US intelligence concluded that MBS was also responsible for ordering the murder of Saudi dissident Jamal Khashoggi. The Newcastle takeover was opposed by Hatice Cengiz, the fiancee of Khashoggi. “I can say that the one incident that has hurt the reputation of Saudi Arabia the most was Jamal’s murder. It has destroyed his [MBS’s] reputation, he’s desperately trying to use these types of deals to repair his image,” she told me.
“Since the murder, many companies and countries don’t want to partner or do business because of the backlash. He wants legitimacy and credibility. Buying a team like Newcastle in the Premier League, in one of the most powerful countries in Europe and the world? You buy legitimacy in the international community. He’s accepted and celebrated for rescuing a struggling team. Everyone then sees everything in a different light.” Mohammed bin Salman strongly denied the allegations that he ordered Khashoggi’s death and the Premier League was convinced that Newcastle United would not be controlled by the Saudi state and approved the deal.

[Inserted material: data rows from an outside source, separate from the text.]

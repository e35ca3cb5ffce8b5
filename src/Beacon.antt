-- ===== src/Beacon.antt =====
-- The crate kavach-beacon: rolling flows of packets, and the rhythm of a beacon in them.
pub mod Flow
pub mod Detector
pub mod Engine
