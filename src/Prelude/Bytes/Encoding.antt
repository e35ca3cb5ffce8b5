-- ===== src/Prelude/Bytes/Encoding.antt =====
-- Bytes: `to_be_bytes` and `from_be_bytes` at every width.
use kavach_npu.Prelude.Lists.{
  length, take, drop, All, length-append, take-append-drop, length-drop, length-take, All-append,
  All-take, All-drop,
}
use Prim.Native.Nat.{ℕ, zero, suc, ◌+◌, ◌*◌, ◌/◌, ◌%◌, ◌^◌, ◌≤◌, ◌<◌}
use mathlib.Core.Path.{◌≡◌, refl, subst}
use mathlib.Core.List.{List, [], ◌∷◌, ◌++◌}
use native.Mathlib.Nat.{pow-suc}
use native.Mathlib.Omega.{arith}

abbrev pub IsByte : ℕ → Type 0
IsByte b = b < 256

-- A byte string of `n` bytes: Rust's `[u8; n]`.
abbrev pub IsBytes : ℕ → List ℕ → Type 0
IsBytes n bs = (length bs ≡ n) × All IsByte bs

-- `to_be_bytes` of an unsigned integer of `k` bytes.
unfoldable pub be_bytes : ℕ → ℕ → List ℕ
be_bytes zero x = []
be_bytes (suc k) x = be_bytes k (x / 256) ++ ((x % 256) ∷ [])

from_be_from : ℕ → List ℕ → ℕ
from_be_from acc [] = acc
from_be_from acc (b ∷ bs) = from_be_from (acc * 256 + b) bs

-- `from_be_bytes`
unfoldable pub from_be : List ℕ → ℕ
unfolding from_be_from
from_be bs = from_be_from 0 bs

pub length-be_bytes : (k x : ℕ) → length (be_bytes k x) ≡ k
unfolding be_bytes
length-be_bytes zero x = refl
length-be_bytes (suc k) x =
    omega (
      arith,
      length-append {0} (be_bytes k (x / 256)) ((x % 256) ∷ []),
      length-be_bytes k (x / 256),
    )

be_bytes-IsByte : (k x : ℕ) → All IsByte (be_bytes k x)
unfolding be_bytes
be_bytes-IsByte zero x = tt
be_bytes-IsByte (suc k) x =
    All-append IsByte (be_bytes k (x / 256)) _ (be_bytes-IsByte k (x / 256)) (omega arith, tt)

from_be_from_snoc :
    (acc : ℕ) (bs : List ℕ) (b : ℕ)
    → from_be_from acc (bs ++ (b ∷ [])) ≡ from_be_from acc bs * 256 + b
unfolding from_be_from
from_be_from_snoc acc [] b = refl
from_be_from_snoc acc (c ∷ bs) b = from_be_from_snoc (acc * 256 + c) bs b

div-lt-pow : (k x : ℕ) → x < 256 ^ suc k → x / 256 < 256 ^ k
div-lt-pow k x h = omega (arith, pow-suc 256 k)

pub drop_nil : (k : ℕ) → drop {A = ℕ} k [] ≡ []
drop_nil zero = refl
drop_nil (suc k) = refl

pub drop_nil_fields : (k : ℕ) → drop {A = List ℕ} k [] ≡ []
drop_nil_fields zero = refl
drop_nil_fields (suc k) = refl

pub drop_all : (m : ℕ) (xs : List ℕ) → length xs ≤ m → drop m xs ≡ []
drop_all m [] h = drop_nil m
drop_all zero (x ∷ xs) h = absurd (omega arith)
drop_all (suc m) (x ∷ xs) h = drop_all m xs (omega arith)

-- Reading back what was written, for a number that fits the width.
pub from_be-be_bytes : (k x : ℕ) → x < 256 ^ k → from_be (be_bytes k x) ≡ x
unfolding from_be be_bytes
from_be-be_bytes zero x h = omega arith
from_be-be_bytes (suc k) x h = omega (
  arith,
  from_be_from_snoc 0 (be_bytes k (x / 256)) (x % 256),
  from_be-be_bytes k (x / 256) (div-lt-pow k x h),
)

from_be_from-lt :
    (acc : ℕ) (bs : List ℕ) → All IsByte bs → from_be_from acc bs < (acc + 1) * 256 ^ length bs
unfolding from_be_from
from_be_from-lt acc [] h = omega arith
from_be_from-lt acc (b ∷ bs) (hb, h) =
    let P = 256 ^ length bs in
    let up : (acc * 256 + b + 1) * P ≤ (acc * 256 + 256) * P = grind arith in
    let wide : (acc + 1) * 256 ^ suc (length bs) ≡ (acc * 256 + 256) * P =
      rw (pow-suc 256 (length bs)) (omega arith) in
    let goal : from_be_from (acc * 256 + b) bs < (acc + 1) * 256 ^ suc (length bs) =
      rw wide (omega (arith, up, from_be_from-lt (acc * 256 + b) bs h)) in
    goal

-- What is read from `k` bytes fits `k` bytes.
pub from_be-lt : (k : ℕ) (bs : List ℕ) → IsBytes k bs → from_be bs < 256 ^ k
unfolding from_be
from_be-lt k bs (e, h) = rw (← e) (omega (arith, from_be_from-lt 0 bs h))

be_bytes-from_be_snoc :
    (k : ℕ) (front back : List ℕ)
    → be_bytes k (from_be front) ≡ front
    → length back ≡ 1
    → All IsByte back
    → be_bytes (suc k) (from_be (front ++ back)) ≡ front ++ back
unfolding be_bytes from_be
be_bytes-from_be_snoc k front [] ih l h = absurd (omega arith)
be_bytes-from_be_snoc k front (b ∷ c ∷ cs) ih l h = absurd (omega arith)
be_bytes-from_be_snoc k front (b ∷ []) ih l (hb, h) =
    let n = from_be_from 0 front in
    let high : (n * 256 + b) / 256 ≡ n = omega arith in
    let low : (n * 256 + b) % 256 ≡ b = omega arith in
    rw (from_be_from_snoc 0 front b, high, low, ih)

-- Writing what was read gives back the same bytes.
pub be_bytes-from_be : (k : ℕ) (bs : List ℕ) → IsBytes k bs → be_bytes k (from_be bs) ≡ bs
be_bytes-from_be zero [] h = unfold be_bytes in refl
be_bytes-from_be zero (b ∷ bs) h = absurd (omega (arith, h.0))
be_bytes-from_be (suc k) bs (l, h) =
    let front : IsBytes k (take k bs) = (omega (arith, length-take k bs), All-take IsByte k bs h) in
    subst (λ xs. be_bytes (suc k) (from_be xs) ≡ xs) (take-append-drop k bs)
      (be_bytes-from_be_snoc k (take k bs) (drop k bs) (be_bytes-from_be k (take k bs) front)
        (omega (arith, length-drop k bs)) (All-drop IsByte k bs h))
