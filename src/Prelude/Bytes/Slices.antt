-- ===== src/Prelude/Bytes/Slices.antt =====
-- Slices of bytes, and the numbers read from them.
use kavach_npu.Prelude.Lists.{
  length, get_or, take, drop, All, length-drop, length-take, All-take, All-drop,
}
use Prim.Native.Nat.{ℕ, zero, suc, ◌+◌, ◌-◌, ◌≤◌, ◌<◌}
use mathlib.Core.Path.{◌≡◌, sym, ap, ◌∙◌}
use mathlib.Core.List.{List, [], ◌∷◌}
use native.Mathlib.Omega.{arith}
use kavach_npu.Prelude.Bytes.Encoding.{IsByte, IsBytes, from_be, drop_nil}

-- `&xs[m..n]`
unfoldable pub slice : ℕ → ℕ → List ℕ → List ℕ
slice m n xs = take (n - m) (drop m xs)

-- `&xs[m..]`
unfoldable pub rest_from : ℕ → List ℕ → List ℕ
rest_from m xs = drop m xs

-- `xs[i]`, read as 0 behind the end: every use is behind a check of the length.
unfoldable pub byte_at : ℕ → List ℕ → ℕ
byte_at i xs = get_or xs i 0

-- `uN::from_be_bytes([xs[m], .., xs[n - 1]])`
abbrev pub be_at : ℕ → ℕ → List ℕ → ℕ
be_at m n xs = from_be (slice m n xs)

-- A slice of bytes is as long as its range.
pub slice-IsBytes :
    (m n : ℕ) (xs : List ℕ) → m ≤ n → n ≤ length xs → All IsByte xs → IsBytes (n - m) (slice m n xs)
unfolding slice
slice-IsBytes m n xs hm hn h = (
  omega (arith, length-take (n - m) (drop m xs), length-drop m xs),
  All-take IsByte (n - m) (drop m xs) (All-drop IsByte m xs h),
)

pub byte_at-IsByte : (i : ℕ) (xs : List ℕ) → All IsByte xs → byte_at i xs < 256
unfolding byte_at
byte_at-IsByte i [] h = omega arith
byte_at-IsByte zero (x ∷ xs) (hx, h) = hx
byte_at-IsByte (suc i) (x ∷ xs) (hx, h) = byte_at-IsByte i xs h

pub slice_one :
    (m n : ℕ) (xs : List ℕ) → n ≡ m + 1 → n ≤ length xs → slice m n xs ≡ byte_at m xs ∷ []
unfolding slice byte_at
slice_one m n [] hn h = absurd (omega arith)
slice_one zero n (x ∷ xs) hn h = let one : n - 0 ≡ 1 = omega arith in ap (λ k. take k (x ∷ xs)) one
slice_one (suc m) zero (x ∷ xs) hn h = absurd (omega arith)
slice_one (suc m) (suc n) (x ∷ xs) hn h =
    let less : suc n - suc m ≡ n - m = omega arith in
    ap (λ k. take k (drop m xs)) less ∙ slice_one m n xs (omega arith) (omega arith)

pub drop-drop : (m k : ℕ) (xs : List ℕ) → drop k (drop m xs) ≡ drop (m + k) xs
drop-drop zero k xs = ap (λ j. drop j xs) (omega arith)
drop-drop (suc m) k [] = drop_nil k ∙ sym (drop_nil (suc m + k))
drop-drop (suc m) k (x ∷ xs) =
    let more : suc m + k ≡ suc (m + k) = omega arith in
    drop-drop m k xs ∙ ap (λ j. drop j (x ∷ xs)) (sym more)
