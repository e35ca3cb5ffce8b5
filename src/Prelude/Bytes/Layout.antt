-- ===== src/Prelude/Bytes/Layout.antt =====
-- Records laid out as fields one behind the other, and `copy_from_slice` into a buffer.
use kavach_npu.Prelude.Lists.{
  length, get_or, take, drop, replicate, length-append, take-append, drop-append_add,
  drop-replicate, take-append-drop,
}
use Prim.Native.Nat.{ℕ, zero, suc, ◌+◌, ◌-◌, ◌^◌, ◌≤◌, ◌<◌}
use mathlib.Core.Path.{◌≡◌, refl, sym, ap, ap₂, ◌∙◌}
use mathlib.Core.List.{List, [], ◌∷◌, ◌++◌, append_assoc}
use native.Mathlib.Omega.{arith}
use kavach_npu.Prelude.Bytes.Encoding.{
  be_bytes, from_be, length-be_bytes, drop_nil_fields, drop_all, from_be-be_bytes,
}
use kavach_npu.Prelude.Bytes.Slices.{slice, rest_from, byte_at, be_at, drop-drop}

-- Fields one behind the other.
abbrev pub flatten : List (List ℕ) → List ℕ
flatten [] = []
flatten (f ∷ fs) = f ++ flatten fs

-- Where the i-th field starts.
abbrev pub offset : List (List ℕ) → ℕ → ℕ
offset [] i = 0
offset (f ∷ fs) zero = 0
offset (f ∷ fs) (suc i) = length f + offset fs i

-- A slice at a field's place is the field.
pub slice-flatten :
    (fs : List (List ℕ)) (i m n : ℕ)
    → m ≡ offset fs i
    → n ≡ m + length (get_or fs i [])
    → slice m n (flatten fs) ≡ get_or fs i []
unfolding slice
slice-flatten [] i m n hm hn =
    let none_left : n - m ≡ 0 = omega arith in ap₂ (λ k l. take {A = ℕ} k (drop l [])) none_left hm
slice-flatten (f ∷ fs) zero m n hm hn =
    ap₂ (λ k l. take k (drop l (f ++ flatten fs))) (omega arith) hm ∙ take-append f (flatten fs)
slice-flatten (f ∷ fs) (suc i) m n hm hn =
    ap (take (n - m)) (drop-append_add f (flatten fs) m (m - length f) (omega arith))
    ∙ ap (λ k. take k (drop (m - length f) (flatten fs))) (omega arith)
    ∙ slice-flatten fs i (m - length f) (n - length f) (omega arith) (omega arith)

-- Dropping up to a field's place leaves it and the fields behind it.
pub rest_from-flatten :
    (fs : List (List ℕ)) (i m : ℕ)
    → m ≡ offset fs i
    → rest_from m (flatten fs) ≡ flatten (drop i fs)
unfolding rest_from
rest_from-flatten [] i m hm = ap (λ k. drop {A = ℕ} k []) hm ∙ ap flatten (sym (drop_nil_fields i))
rest_from-flatten (f ∷ fs) zero m hm = ap (λ k. drop k (f ++ flatten fs)) hm
rest_from-flatten (f ∷ fs) (suc i) m hm =
    drop-append_add f (flatten fs) m (m - length f) (omega arith)
    ∙ rest_from-flatten fs i (m - length f) (omega arith)

-- A field that is a number of `k` bytes.
pub be_at-flatten :
    (fs : List (List ℕ)) (i m n k x : ℕ)
    → get_or fs i [] ≡ be_bytes k x
    → m ≡ offset fs i
    → n ≡ m + k
    → x < 256 ^ k
    → be_at m n (flatten fs) ≡ x
be_at-flatten fs i m n k x field hm hn hx =
    let wide : n ≡ m + length (get_or fs i []) =
      omega (arith, ap length field, length-be_bytes k x) in
    ap from_be (slice-flatten fs i m n hm wide ∙ field) ∙ from_be-be_bytes k x hx

byte_at-append_add :
    (f rest : List ℕ) (m n : ℕ) → m ≡ length f + n → byte_at m (f ++ rest) ≡ byte_at n rest
unfolding byte_at
byte_at-append_add [] rest m n h = ap (λ k. byte_at k rest) (omega arith)
byte_at-append_add (x ∷ f) rest zero n h = absurd (omega arith)
byte_at-append_add (x ∷ f) rest (suc m) n h = byte_at-append_add f rest m n (omega arith)

-- A field of one byte.
pub byte_at-flatten :
    (fs : List (List ℕ)) (i m b : ℕ)
    → m ≡ offset fs i
    → get_or fs i [] ≡ b ∷ []
    → byte_at m (flatten fs) ≡ b
unfolding byte_at
byte_at-flatten [] i m b hm hb = cc
byte_at-flatten (f ∷ fs) zero m b hm hb = ap₂ (λ k l. byte_at k (l ++ flatten fs)) hm hb
byte_at-flatten (f ∷ fs) (suc i) m b hm hb =
    byte_at-append_add f (flatten fs) m (m - length f) (omega arith)
    ∙ byte_at-flatten fs i (m - length f) b (omega arith) hb

-- The slices of a list between the given places, the first from `m` on.
abbrev pub pieces : ℕ → List ℕ → List ℕ → List (List ℕ)
pieces m [] xs = []
pieces m (n ∷ ns) xs = slice m n xs ∷ pieces n ns xs

-- The places rise, and the last is the end.
abbrev pub Cuts : ℕ → List ℕ → ℕ → Type 0
Cuts m [] l = m ≡ l
Cuts m (n ∷ ns) l = (m ≤ n) × Cuts n ns l

-- The slices put together are the rest of the list.
pub flatten-pieces :
    (m : ℕ) (ns xs : List ℕ) → Cuts m ns (length xs) → flatten (pieces m ns xs) ≡ drop m xs
unfolding slice
flatten-pieces m [] xs h = sym (drop_all m xs (omega arith))
flatten-pieces m (n ∷ ns) xs (hm, h) =
    let there : m + (n - m) ≡ n = omega arith in
    ap (◌++◌ (take (n - m) (drop m xs)))
      (flatten-pieces n ns xs h ∙ sym (drop-drop m (n - m) xs ∙ ap (λ j. drop j xs) there))
    ∙ take-append-drop (n - m) (drop m xs)

-- `buf[m..m + f.len()].copy_from_slice(f)`
unfoldable pub copy_into : List ℕ → ℕ → List ℕ → List ℕ
copy_into buf m f = take m buf ++ (f ++ drop (m + length f) buf)

-- A buffer whose front `done` is written and whose rest is zero.
copy_into_next :
    (done f : List ℕ) (m k : ℕ)
    → m ≡ length done
    → length f ≤ k
    → copy_into (done ++ replicate k 0) m f ≡ (done ++ f) ++ replicate (k - length f) 0
unfolding copy_into
copy_into_next done f m k hm hf =
    ap₂ (λ xs ys. xs ++ (f ++ ys))
      (ap (λ j. take j (done ++ replicate k 0)) hm ∙ take-append done (replicate k 0))
      (drop-append_add done (replicate k 0) (m + length f) (length f) (omega arith)
        ∙ drop-replicate (length f) k 0)
    ∙ sym (append_assoc done f (replicate (k - length f) 0))

pub length-flatten : (fs : List (List ℕ)) → length (flatten fs) ≡ offset fs (length fs)
length-flatten [] = refl
length-flatten (f ∷ fs) = omega (arith, length-append {0} f (flatten fs), length-flatten fs)

-- Fields copied one behind the other, the first at `m`.
unfoldable pub copy_fields : List ℕ → ℕ → List (List ℕ) → List ℕ
copy_fields buf m [] = buf
copy_fields buf m (f ∷ fs) = copy_fields (copy_into buf m f) (m + length f) fs

copy_fields_from :
    (fs : List (List ℕ)) (done : List ℕ) (m k : ℕ)
    → m ≡ length done
    → k ≡ length (flatten fs)
    → copy_fields (done ++ replicate k 0) m fs ≡ done ++ flatten fs
unfolding copy_fields
copy_fields_from [] done m k hm hk = ap (λ j. done ++ replicate j 0) hk
copy_fields_from (f ∷ fs) done m k hm hk =
    let total : k ≡ length f + length (flatten fs) =
      omega (arith, length-append {0} f (flatten fs)) in
    ap (λ buf. copy_fields buf (m + length f) fs) (copy_into_next done f m k hm (omega arith))
    ∙ copy_fields_from fs (done ++ f) (m + length f) (k - length f)
        (omega (arith, length-append {0} done f)) (omega arith)
    ∙ append_assoc done f (flatten fs)

-- Fields that fill a zeroed buffer leave nothing else in it.
pub copy_fields-flatten :
    (fs : List (List ℕ)) (k : ℕ)
    → k ≡ length (flatten fs)
    → copy_fields (replicate k 0) 0 fs ≡ flatten fs
copy_fields-flatten fs k h = copy_fields_from fs [] 0 k refl h
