-- ===== src/Prelude/Bytes.antt =====
-- Bytes and byte strings: the names of the children, passed on.
mod Encoding
mod Slices
mod Layout
mod Equality
unfoldable pub use Encoding.*
unfoldable pub use Slices.*
unfoldable pub use Layout.*
unfoldable pub use Equality.*
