-- ===== src/Prelude/Int.antt =====
-- Integers over the native numbers, and the two's complement of an i64.
use kavach_npu.Prelude.Tests.{ltb, leb, if◌then◌else◌}
use Prim.Native.Nat.{ℕ, ◌+◌, ◌-◌, ◌%◌, ◌^◌, ◌<◌}
use mathlib.Core.Path.{◌≡◌}
use mathlib.Core.Bool.{Bool, true, false}
use native.Mathlib.Omega.{arith}

pub data ℤ : Type 0 where
  pos negsuc : ℕ → ℤ

-- The difference of two naturals.
abbrev pub difference : ℕ → ℕ → ℤ
difference m n = if leb n m then pos (m - n) else negsuc (n - m - 1)

-- The 64 bits of an integer.
unfoldable pub to_bits : ℤ → ℕ
to_bits (pos n) = n % 2 ^ 64
to_bits (negsuc n) = 2 ^ 64 - 1 - n % 2 ^ 64

-- The i64 of 64 bits.
unfoldable pub of_bits : ℕ → ℤ
of_bits n = if ltb n (2 ^ 63) then pos n else negsuc (2 ^ 64 - 1 - n)

-- `x as i64`
abbrev pub as_i64 : ℤ → ℤ
as_i64 x = of_bits (to_bits x)

-- `a - b` in i64, wrapping.
abbrev pub sub_i64 : ℤ → ℤ → ℤ
sub_i64 a b = of_bits ((to_bits a + (2 ^ 64 - to_bits b)) % 2 ^ 64)

unfoldable pub unsigned_abs : ℤ → ℕ
unsigned_abs (pos n) = n
unsigned_abs (negsuc n) = n + 1

unfoldable pub le_int : ℤ → ℤ → Bool
le_int (pos m) (pos n) = leb m n
le_int (pos m) (negsuc n) = false
le_int (negsuc m) (pos n) = true
le_int (negsuc m) (negsuc n) = leb n m

-- Casting bits to an i64 and back gives the bits.
pub to_bits-of_bits : (n : ℕ) → n < 2 ^ 64 → to_bits (of_bits n) ≡ n
unfolding of_bits to_bits
to_bits-of_bits n h = ground arith

pub to_bits_lt : (x : ℤ) → to_bits x < 2 ^ 64
unfolding to_bits
to_bits_lt (pos n) = omega arith
to_bits_lt (negsuc n) = omega arith

-- Modulo 2^64, adding the difference of two words to the second one gives the first.
pub add-difference :
    (m n : ℕ) → m < 2 ^ 64 → n < 2 ^ 64 → (n + to_bits (difference m n)) % 2 ^ 64 ≡ m
unfolding to_bits
add-difference m n hm hn = ground arith
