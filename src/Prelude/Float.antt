-- ===== src/Prelude/Float.antt =====
-- Floating-point numbers. There is no such type here, so the numbers and what the program does with
-- them are a parameter, one value of it for each of `f64` and `f32`. It has no laws: where a
-- statement needs one, it names it.
use Prim.Native.Nat.{ℕ}
use mathlib.Core.Bool.{Bool}
use mathlib.Core.List.{List}
use kavach_npu.Prelude.Int.{ℤ}

pub record Float : Type 1 where
  pub F : Type 0
  -- `lit m k` is the literal for m divided by 10 to the k.
  pub lit : ℕ → ℕ → F
  -- `n as f64`, and for signed numbers
  pub of_nat : ℕ → F
  pub of_int : ℤ → F
  -- `x as u64`, `x as i8`: towards zero, and within the type's range
  pub as_u64 : F → ℕ
  pub as_i8 : F → ℤ
  pub to_be_bytes : F → List ℕ
  pub to_le_bytes : F → List ℕ
  pub neg : F → F
  pub add : F → F → F
  pub sub : F → F → F
  pub mul : F → F → F
  pub div : F → F → F
  pub log2 : F → F
  pub log10 : F → F
  pub abs : F → F
  pub sqrt : F → F
  pub round : F → F
  pub max : F → F → F
  -- `x.clamp(low, high)`
  pub clamp : F → F → F → F
  pub le : F → F → Bool
  pub lt : F → F → Bool

pub record Floats : Type 1 where
  pub double : Float
  pub single : Float
  -- `x as f32`
  pub narrow : double.F → single.F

Abramovich's connections to Putin were known for two decades. It appears his money was not welcome only when the reputational cost of doing business with him was too high. And what about the other football clubs that are equally as compromised?
Last week, British prime minister Boris Johnson wrote an article in The Telegraph bemoaning the West's “addiction” to Russian oil. “If the world can end its dependence on Russian oil and gas,” he wrote, “we can starve him of cash, destroy his strategy and cut him down to size.”
Soon after, Johnson flew to Riyadh to meet Mohammed bin Salman – 72 hours after Saudi Arabia executed 81 people in a single day – to beg the country to raise its oil production to plug the gap from the loss of Russian oil. Labour leader Keir Starmer accused Johnson of “going cap in hand from dictator to dictator.”
For now, the days of Russian money in football appear to be over. London's high-end estate agents will no doubt be sad, but a new age of extreme wealth and power investing in the game for political ends is only just beginning.